Five feature tracks from the NotreDame dataset [24] were selected for triangulation, i.e., estimating the 3D coordinates. The input from each feature track contained a set of camera matrices and the corresponding 2D feature coordinates. The re-projection error was used as the distance measurement [15] and the inlier threshold \(\epsilon \) was set to 1 pixel. The size of minimal samples was 2 (views) for all RANSAC variants. The results are demonstrated in Fig. 5. For triangulation, the quality of the initial solution largely affected the performance of EP, SS and IBCO. Initialized with FLRS, IBCO managed to find much larger consensus sets than all other methods.

5.4 Effectiveness of Refinement

Though all deterministic methods were provided with reliable initial FLRS solutions, IBCO was the only one that effectively refined all FLRS results. EP and SS sometimes even converged to worse than initial solutions. To illustrate these effects, Fig. 6 shows the solution quality during the iterations of the three deterministic methods (initialized by FLRS) on Ceiling1 for homography estimation and Point 16 for triangulation. In contrast to EP and SS which progressively made the initial solution worse, IBCO steadily improved the initial solution.

It may be possible to rectify the behaviour of EP and SS by choosing more appropriate smoothing parameters and/or their annealing rates. However, the need for data-dependent tuning makes EP and SS less attractive than IBCO.

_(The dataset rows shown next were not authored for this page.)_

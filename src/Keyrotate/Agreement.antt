-- ===== src/Keyrotate/Agreement.antt =====
-- src/cland/internal/keyrotate: who has which key after a rotation.
use minti.Base.{
  ℕ, String, true, false, some, List, [], ◌∷◌, map, ◌≡◌, ◌≢◌, inl, inr, refl, sym, ap, ◌∙◌, ◌==◌,
  arith, eq_iff, eq_refl, eqb, any, In, Bool-cases,
}
use minti.Toolexec.{KeyProvider}
use minti.Toolexec.Keys.{rotate}
use minti.Keyrotate.{
  Codec, ProposeRequest, CommitRequest, Keyholder, handle_propose, handle_commit, handle_abort,
  has_id, put, take, decoded_key, propose_status,
}
use minti.Keyrotate.Coordinator.{
  Peer, Delivery, lost, unanswered, answered, send_one, broadcast, peers_of, all_ok, acked, notify,
  Network, committed, aborted, rotate_self, rotate_clan,
}

abbrev pub keys_of : List Peer → List KeyProvider
keys_of peers = map (λ p. p.holder.keys) peers

abbrev KeepsKeys : (Keyholder → Keyholder × ℕ) → Type 0
KeepsKeys handle = (m : Keyholder) → (handle m).0.keys ≡ m.keys

send_one-keys :
    (handle : Keyholder → Keyholder × ℕ) (d : Delivery) (p : Peer)
    → KeepsKeys handle
    → (send_one handle d p).0.holder.keys ≡ p.holder.keys
unfolding send_one
send_one-keys handle lost p keeps = refl
send_one-keys handle unanswered p keeps = keeps p.holder
send_one-keys handle answered p keeps = keeps p.holder

broadcast-keys :
    (handle : Keyholder → Keyholder × ℕ) (link : String → Delivery) (peers : List Peer)
    → KeepsKeys handle
    → keys_of (peers_of (broadcast handle link peers)) ≡ keys_of peers
unfolding broadcast
broadcast-keys handle link [] keeps = refl
broadcast-keys handle link (p ∷ peers) keeps =
    rw (send_one-keys handle (link p.member_id) p keeps, broadcast-keys handle link peers keeps)
      refl

notify-keys :
    (handle : Keyholder → Keyholder × ℕ) (link : String → Delivery) (ids : List String)
    (peers : List Peer)
    → KeepsKeys handle
    → keys_of (notify handle link ids peers) ≡ keys_of peers
unfolding notify
notify-keys handle link ids [] keeps = refl
notify-keys handle link ids (p ∷ peers) keeps =
    elim (Bool-cases (any (λ id. id == p.member_id) ids)) [
      | inl e ↦
          rw
            (
              e,
              send_one-keys handle (link p.member_id) p keeps,
              notify-keys handle link ids peers keeps,
            )
            refl
      | inr e ↦ rw (e, notify-keys handle link ids peers keeps) refl
    ]

rotate_self-not_aborted :
    (key : String) (grace now : ℕ) (keys : KeyProvider)
    → (rotate_self key grace now keys).1 ≢ aborted
unfolding rotate_self
rotate_self-not_aborted key grace now keys h = ground arith

-- A rotation that is aborted changes no key: not the Orchestrator's, and not that of any member,
-- whatever messages were lost.
pub rotate_clan-aborts :
    (net : Network) (key key_b64 propose_id : String) (grace : ℕ) (self : KeyProvider)
    → (peers : List Peer) → (rotate_clan net key key_b64 propose_id grace self peers).1 ≡ aborted
    → ((rotate_clan net key key_b64 propose_id grace self peers).0.0 ≡ self)
      × (keys_of (rotate_clan net key key_b64 propose_id grace self peers).0.1 ≡ keys_of peers)
unfolding rotate_clan handle_propose handle_abort
rotate_clan-aborts net key key_b64 propose_id grace self [] h =
    absurd (rotate_self-not_aborted key grace net.now self h)
rotate_clan-aborts net key key_b64 propose_id grace self (p ∷ ps) h =
    let req : ProposeRequest = record { propose_id = propose_id; new_key_b64 = key_b64 } in
    let results = broadcast (handle_propose net.codec req net.now) net.propose_link (p ∷ ps) in
    elim (Bool-cases (all_ok results)) [
      | inl e ↦ absurd (rotate_self-not_aborted key grace net.now self (rw e at h))
      | inr e ↦ rw e (
        refl,
        notify-keys (handle_abort propose_id) net.abort_link (acked results) (peers_of results)
              (λ m. refl)
            ∙ broadcast-keys (handle_propose net.codec req net.now) net.propose_link (p ∷ ps)
                (λ m. refl),
      )
    ]

-- A member that answers a fresh propose with a 200 holds its key.
proposed-pending :
    (c : Codec) (req : ProposeRequest) (now : ℕ) (key : String) (m : Keyholder)
    → c.decode req.new_key_b64 ≡ some key
    → has_id req.propose_id m.pending ≡ false
    → eqb (handle_propose c req now m).1 200 ≡ true
    → (handle_propose c req now m).0.pending
      ≡ some (record { propose_id = req.propose_id; new_key = key; received_at = now })
unfolding handle_propose put decoded_key propose_status
proposed-pending c req now key m decodes fresh h = ground (arith, decodes, fresh)

committed-current :
    (req : CommitRequest) (now : ℕ) (key : String) (received_at : ℕ) (m : Keyholder)
    → key ≢ ""
    → m.pending
      ≡ some (record { propose_id = req.propose_id; new_key = key; received_at = received_at })
    → (handle_commit req now m).0.keys.current ≡ key
unfolding handle_commit take rotate
committed-current req now key received_at m some_key held =
    ground (arith, held, eq_refl req.propose_id, eq_iff key "")

commit_one-current :
    (req : CommitRequest) (now : ℕ) (key : String) (received_at : ℕ) (d : Delivery) (p : Peer)
    → key ≢ ""
    → d ≢ lost
    → p.holder.pending
      ≡ some (record { propose_id = req.propose_id; new_key = key; received_at = received_at })
    → (send_one (handle_commit req now) d p).0.holder.keys.current ≡ key
unfolding send_one
commit_one-current req now key received_at lost p some_key sent held = absurd (sent refl)
commit_one-current req now key received_at unanswered p some_key sent held =
    committed-current req now key received_at p.holder some_key held
commit_one-current req now key received_at answered p some_key sent held =
    committed-current req now key received_at p.holder some_key held

propose_one-pending :
    (c : Codec) (req : ProposeRequest) (now : ℕ) (key : String) (d : Delivery) (p : Peer)
    → c.decode req.new_key_b64 ≡ some key
    → has_id req.propose_id p.holder.pending ≡ false
    → (send_one (handle_propose c req now) d p).1 ≡ true
    → (send_one (handle_propose c req now) d p).0.holder.pending
      ≡ some (record { propose_id = req.propose_id; new_key = key; received_at = now })
unfolding send_one
propose_one-pending c req now key lost p decodes fresh h = ground arith
propose_one-pending c req now key unanswered p decodes fresh h = ground arith
propose_one-pending c req now key answered p decodes fresh h =
    proposed-pending c req now key p.holder decodes fresh h

-- Both broadcasts, over all members.
all-current :
    (net : Network) (req : ProposeRequest) (commit : CommitRequest) (key : String)
    (peers : List Peer)
    → commit.propose_id ≡ req.propose_id
    → key ≢ ""
    → net.codec.decode req.new_key_b64 ≡ some key
    → ((id : String) → net.commit_link id ≢ lost)
    → ((p : Peer) → In p peers → has_id req.propose_id p.holder.pending ≡ false)
    → all_ok (broadcast (handle_propose net.codec req net.now) net.propose_link peers) ≡ true
    → (k : KeyProvider)
    → In k (
        keys_of (
          peers_of (
            broadcast (handle_commit commit net.now) net.commit_link (
              peers_of (broadcast (handle_propose net.codec req net.now) net.propose_link peers)))))
    → k.current ≡ key
unfolding broadcast all_ok
all-current net req commit key [] same some_key decodes sent fresh oks k i = absurd i
all-current net req commit key (p ∷ ps) same some_key decodes sent fresh oks k (inl q) =
    let first = send_one (handle_propose net.codec req net.now) (net.propose_link p.member_id) p in
    ap (λ x. x.current) q
    ∙ commit_one-current commit net.now key net.now (net.commit_link first.0.member_id) first.0
        some_key (sent first.0.member_id)
        (propose_one-pending net.codec req net.now key (net.propose_link p.member_id) p decodes
            (fresh p (inl refl)) (ground arith)
          ∙ ap (λ id. some (record { propose_id = id; new_key = key; received_at = net.now }))
              (sym same))
all-current net req commit key (p ∷ ps) same some_key decodes sent fresh oks k (inr i) =
    all-current net req commit key ps same some_key decodes sent (λ x m. fresh x (inr m))
      (ground arith) k i

rotate_self-current :
    (key : String) (grace now : ℕ) (keys : KeyProvider)
    → key ≢ ""
    → (rotate_self key grace now keys).0.current ≡ key
unfolding rotate_self rotate
rotate_self-current key grace now keys some_key = ground (arith, eq_iff key "")

-- A rotation that is committed ends with the new key as the current one of the Orchestrator and of
-- every member, if the key is the one that its encoding decodes to and not empty, the id is pending
-- nowhere before, and no commit request is lost; answers to it may be.
pub rotate_clan-agrees :
    (net : Network) (key key_b64 propose_id : String) (grace : ℕ) (self : KeyProvider)
    → (peers : List Peer) → key ≢ ""
    → net.codec.decode key_b64 ≡ some key
    → ((id : String) → net.commit_link id ≢ lost)
    → ((p : Peer) → In p peers → has_id propose_id p.holder.pending ≡ false)
    → (rotate_clan net key key_b64 propose_id grace self peers).1 ≡ committed
    → ((rotate_clan net key key_b64 propose_id grace self peers).0.0.current ≡ key)
      × ((k : KeyProvider)
          → In k (keys_of (rotate_clan net key key_b64 propose_id grace self peers).0.1)
          → k.current ≡ key)
unfolding rotate_clan
rotate_clan-agrees net key key_b64 propose_id grace self [] some_key decodes sent fresh h =
    (rotate_self-current key grace net.now self some_key, λ k i. absurd i)
rotate_clan-agrees net key key_b64 propose_id grace self (p ∷ ps) some_key decodes sent fresh h =
    let req : ProposeRequest = record { propose_id = propose_id; new_key_b64 = key_b64 } in
    let commit : CommitRequest = record { propose_id = propose_id; grace_duration = grace } in
    let results = broadcast (handle_propose net.codec req net.now) net.propose_link (p ∷ ps) in
    elim (Bool-cases (all_ok results)) [
      | inl e ↦ rw e (
        rotate_self-current key grace net.now self some_key,
        all-current net req commit key (p ∷ ps) refl some_key decodes sent fresh e,
      )
      | inr e ↦ absurd (aborted_not_committed (rw e at h))
    ]
  where
    aborted_not_committed : aborted ≡ committed → ⊥
    aborted_not_committed q = ground arith

broadcast-lost :
    (handle : Keyholder → Keyholder × ℕ) (link : String → Delivery) (peers : List Peer)
    → ((id : String) → link id ≡ lost)
    → peers_of (broadcast handle link peers) ≡ peers
unfolding broadcast send_one
broadcast-lost handle link [] none_sent = refl
broadcast-lost handle link (p ∷ peers) none_sent =
    rw (none_sent p.member_id, broadcast-lost handle link peers none_sent) refl

-- The coordinator gets a 200 for its proposal from the member.
abbrev pub Acks : Network → (key_b64 propose_id : String) → Peer → Type 0
Acks net key_b64 propose_id p =
    (send_one
      (handle_propose net.codec (record { propose_id = propose_id; new_key_b64 = key_b64 }) net.now)
      (net.propose_link p.member_id) p).1
    ≡ true

all_ok_of_Acks :
    (net : Network) (key_b64 propose_id : String) (peers : List Peer)
    → ((q : Peer) → In q peers → Acks net key_b64 propose_id q)
    → all_ok (
        broadcast
          (handle_propose net.codec
            (record { propose_id = propose_id; new_key_b64 = key_b64 })
            net.now)
          net.propose_link
          peers)
      ≡ true
unfolding all_ok broadcast
all_ok_of_Acks net key_b64 propose_id [] acks = refl
all_ok_of_Acks net key_b64 propose_id (p ∷ peers) acks =
    rw (acks p (inl refl), all_ok_of_Acks net key_b64 propose_id peers (λ q m. acks q (inr m))) refl

-- When every member's answer to the proposal is a 200, the rotation is reported as committed and the
-- Orchestrator has the new key even if every commit request is lost; the members then all keep the keys
-- that they had. The key is not empty, and there is a member.
pub rotate_clan-splits :
    (net : Network) (key key_b64 propose_id : String) (grace : ℕ) (self : KeyProvider)
    → (p : Peer) (ps : List Peer) → key ≢ ""
    → ((id : String) → net.commit_link id ≡ lost)
    → ((q : Peer) → In q (p ∷ ps) → Acks net key_b64 propose_id q)
    → ((rotate_clan net key key_b64 propose_id grace self (p ∷ ps)).1 ≡ committed)
      × ((rotate_clan net key key_b64 propose_id grace self (p ∷ ps)).0.0.current ≡ key)
      × (keys_of (rotate_clan net key key_b64 propose_id grace self (p ∷ ps)).0.1
          ≡ keys_of (p ∷ ps))
unfolding rotate_clan handle_propose rotate_self rotate
rotate_clan-splits net key key_b64 propose_id grace self p ps some_key none_sent acks =
    let req : ProposeRequest = record { propose_id = propose_id; new_key_b64 = key_b64 } in
    let commit : CommitRequest = record { propose_id = propose_id; grace_duration = grace } in
    let results = broadcast (handle_propose net.codec req net.now) net.propose_link (p ∷ ps) in
    let e : all_ok results ≡ true = all_ok_of_Acks net key_b64 propose_id (p ∷ ps) acks in
    rw e (
      ground (arith, eq_iff key ""),
      ground (arith, eq_iff key ""),
      ap keys_of (
            broadcast-lost (handle_commit commit net.now) net.commit_link (peers_of results)
              none_sent)
          ∙ broadcast-keys (handle_propose net.codec req net.now) net.propose_link (p ∷ ps)
              (λ m. refl),
    )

5.5 Fundamental Matrix Estimation

Image pairs from the two-view geometry corpus of CMPFootnote 6 were used for fundamental matrix estimation. As in homography estimation, SIFT correspondences were used as the input data. Since the Sampson error [12, Sect. 11.4.3] and the reprojection error [12, Sect. 11.4.1] for fundamental matrix estimation are not linear or quasiconvex, the deterministic algorithms (EP, SS, IBCO) cannot be directly applied. Thus, we linearize the epipolar constraint and use the algebraic error [12, Sect. 11.3] as the residual. The inlier threshold \(\epsilon \) was set to 0.006 for all data.

Further, a valid fundamental matrix satisfies the rank-2 constraint [12, Sect. 11.1.1], which is non-convex. For EP, SS, IBCO, we impose the rank-2 constraint using SVD after each parameter vector updates (for IBCO, after each BCO run).

Fig. 5.
figure 5

Robust triangulation results.

Fig. 6.
figure 6

Consensus size in each iteration, given FLRS results as the initialization. Observe that EP and SS converged to worse off solutions.

Fig. 7.
figure 7

Data and results of fundamental matrix estimation for zoom (top) and shout (bottom).

Fig. 8.
figure 8

Robust fundamental matrix estimation results.

Figure 7 depicts sample image pairs and generated SIFT correspondences, as well as consensus sets from FLRS and FLRS+IBCO. The seven-point method [12, Sect. 11.1.2] was used in USAC and the normalized 8-point algorithm [12, Sect. 11.2] was used in all other RANSAC variants.

As shown in Fig. 8(a), unlike EP and SS who failed to refine the initial FLRS results for all the tested data, IBCO was still effective even though the problem contains non-convex constraints.

6 Conclusions

We proposed a novel deterministic algorithm for consensus maximization with non-linear residuals. The basis of our method lies in reformulating the decision version of consensus maximization into an instance of biconvex programming, which enables the use of bisection for efficient guided search. Compared to other deterministic methods, our method does not relax the objective of consensus maximization problem and is free from the tuning of smoothing parameters, which makes it much more effective at refining the initial solution. Experiments show that our method is able to greatly improve upon initial results from widely used random sampling heuristics.